▶ TASK DETAILS: Within the records, how many lines hold the word "deleteNodeHelper"? State that number alone.

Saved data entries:

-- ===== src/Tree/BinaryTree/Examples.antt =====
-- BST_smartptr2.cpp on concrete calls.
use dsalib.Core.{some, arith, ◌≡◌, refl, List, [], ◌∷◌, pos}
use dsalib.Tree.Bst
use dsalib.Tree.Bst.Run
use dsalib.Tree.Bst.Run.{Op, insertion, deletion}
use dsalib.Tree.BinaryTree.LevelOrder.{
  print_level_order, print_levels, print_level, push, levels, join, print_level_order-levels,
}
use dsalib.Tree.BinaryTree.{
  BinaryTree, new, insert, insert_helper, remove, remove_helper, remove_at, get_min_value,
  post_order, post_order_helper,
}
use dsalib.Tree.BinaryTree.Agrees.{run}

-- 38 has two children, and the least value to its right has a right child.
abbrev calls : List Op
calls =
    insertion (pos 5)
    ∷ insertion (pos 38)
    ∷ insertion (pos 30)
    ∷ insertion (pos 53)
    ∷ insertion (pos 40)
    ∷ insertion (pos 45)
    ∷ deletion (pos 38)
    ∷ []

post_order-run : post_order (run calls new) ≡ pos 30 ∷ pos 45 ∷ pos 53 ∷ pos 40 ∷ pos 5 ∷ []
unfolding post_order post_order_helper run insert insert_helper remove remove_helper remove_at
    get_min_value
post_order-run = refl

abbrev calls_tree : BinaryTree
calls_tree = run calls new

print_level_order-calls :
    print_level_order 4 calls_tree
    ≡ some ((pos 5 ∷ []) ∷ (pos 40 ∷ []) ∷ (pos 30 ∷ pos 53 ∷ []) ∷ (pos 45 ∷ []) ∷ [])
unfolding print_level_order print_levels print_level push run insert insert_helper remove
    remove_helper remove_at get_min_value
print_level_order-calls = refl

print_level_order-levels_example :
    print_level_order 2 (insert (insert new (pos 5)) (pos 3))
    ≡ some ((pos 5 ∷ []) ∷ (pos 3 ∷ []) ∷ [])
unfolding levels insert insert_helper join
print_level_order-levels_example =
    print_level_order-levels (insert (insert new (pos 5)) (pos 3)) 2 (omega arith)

---

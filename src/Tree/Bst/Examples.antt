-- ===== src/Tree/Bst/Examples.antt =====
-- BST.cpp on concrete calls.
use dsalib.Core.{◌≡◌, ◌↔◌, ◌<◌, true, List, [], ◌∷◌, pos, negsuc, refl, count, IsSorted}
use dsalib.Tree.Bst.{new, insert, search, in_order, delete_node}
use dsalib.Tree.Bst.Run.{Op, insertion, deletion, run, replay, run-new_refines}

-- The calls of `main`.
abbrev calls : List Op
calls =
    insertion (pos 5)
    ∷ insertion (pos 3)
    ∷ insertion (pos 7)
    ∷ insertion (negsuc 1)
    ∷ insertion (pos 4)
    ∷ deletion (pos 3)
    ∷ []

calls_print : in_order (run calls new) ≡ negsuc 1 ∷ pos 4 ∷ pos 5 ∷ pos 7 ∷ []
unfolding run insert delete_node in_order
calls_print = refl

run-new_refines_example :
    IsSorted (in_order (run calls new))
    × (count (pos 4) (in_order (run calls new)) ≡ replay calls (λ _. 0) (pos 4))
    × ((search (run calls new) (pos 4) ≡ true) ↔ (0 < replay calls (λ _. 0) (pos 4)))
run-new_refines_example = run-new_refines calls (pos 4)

---

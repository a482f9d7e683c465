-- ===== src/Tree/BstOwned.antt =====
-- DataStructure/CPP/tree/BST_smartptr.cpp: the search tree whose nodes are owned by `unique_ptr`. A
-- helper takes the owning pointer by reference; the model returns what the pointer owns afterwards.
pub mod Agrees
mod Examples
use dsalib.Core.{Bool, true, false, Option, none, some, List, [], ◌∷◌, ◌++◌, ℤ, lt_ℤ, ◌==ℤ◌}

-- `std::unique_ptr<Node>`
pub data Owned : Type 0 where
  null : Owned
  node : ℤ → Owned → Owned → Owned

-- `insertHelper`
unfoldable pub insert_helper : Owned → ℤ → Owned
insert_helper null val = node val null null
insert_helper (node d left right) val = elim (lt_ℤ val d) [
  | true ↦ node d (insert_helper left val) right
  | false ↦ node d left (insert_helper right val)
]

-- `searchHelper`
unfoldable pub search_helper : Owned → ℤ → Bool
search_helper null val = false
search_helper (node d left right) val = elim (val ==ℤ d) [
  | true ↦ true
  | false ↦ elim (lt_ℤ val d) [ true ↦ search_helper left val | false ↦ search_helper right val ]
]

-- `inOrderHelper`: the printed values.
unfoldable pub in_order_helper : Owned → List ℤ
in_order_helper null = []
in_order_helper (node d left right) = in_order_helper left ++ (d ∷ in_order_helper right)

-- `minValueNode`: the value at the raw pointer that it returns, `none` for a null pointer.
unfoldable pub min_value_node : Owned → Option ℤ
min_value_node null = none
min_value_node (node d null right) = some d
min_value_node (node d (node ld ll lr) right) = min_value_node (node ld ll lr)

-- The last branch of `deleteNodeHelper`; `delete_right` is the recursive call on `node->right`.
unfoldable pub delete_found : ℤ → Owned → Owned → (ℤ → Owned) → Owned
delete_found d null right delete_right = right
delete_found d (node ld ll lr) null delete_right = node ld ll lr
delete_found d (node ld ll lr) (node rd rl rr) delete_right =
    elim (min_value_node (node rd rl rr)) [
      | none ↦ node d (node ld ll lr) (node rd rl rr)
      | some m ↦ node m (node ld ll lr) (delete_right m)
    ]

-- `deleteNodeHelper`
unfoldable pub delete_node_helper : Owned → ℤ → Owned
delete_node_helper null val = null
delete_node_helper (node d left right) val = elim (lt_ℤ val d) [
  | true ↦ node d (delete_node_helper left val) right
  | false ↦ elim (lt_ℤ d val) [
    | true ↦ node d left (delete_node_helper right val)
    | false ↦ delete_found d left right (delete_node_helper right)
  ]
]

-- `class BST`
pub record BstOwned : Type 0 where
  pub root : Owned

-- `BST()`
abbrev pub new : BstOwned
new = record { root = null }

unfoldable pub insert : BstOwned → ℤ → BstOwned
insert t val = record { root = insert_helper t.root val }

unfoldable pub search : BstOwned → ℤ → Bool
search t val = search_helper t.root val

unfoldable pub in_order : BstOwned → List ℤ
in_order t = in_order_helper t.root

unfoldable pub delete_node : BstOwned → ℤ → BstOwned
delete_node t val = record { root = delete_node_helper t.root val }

▶ WRITTEN ANSWER: 2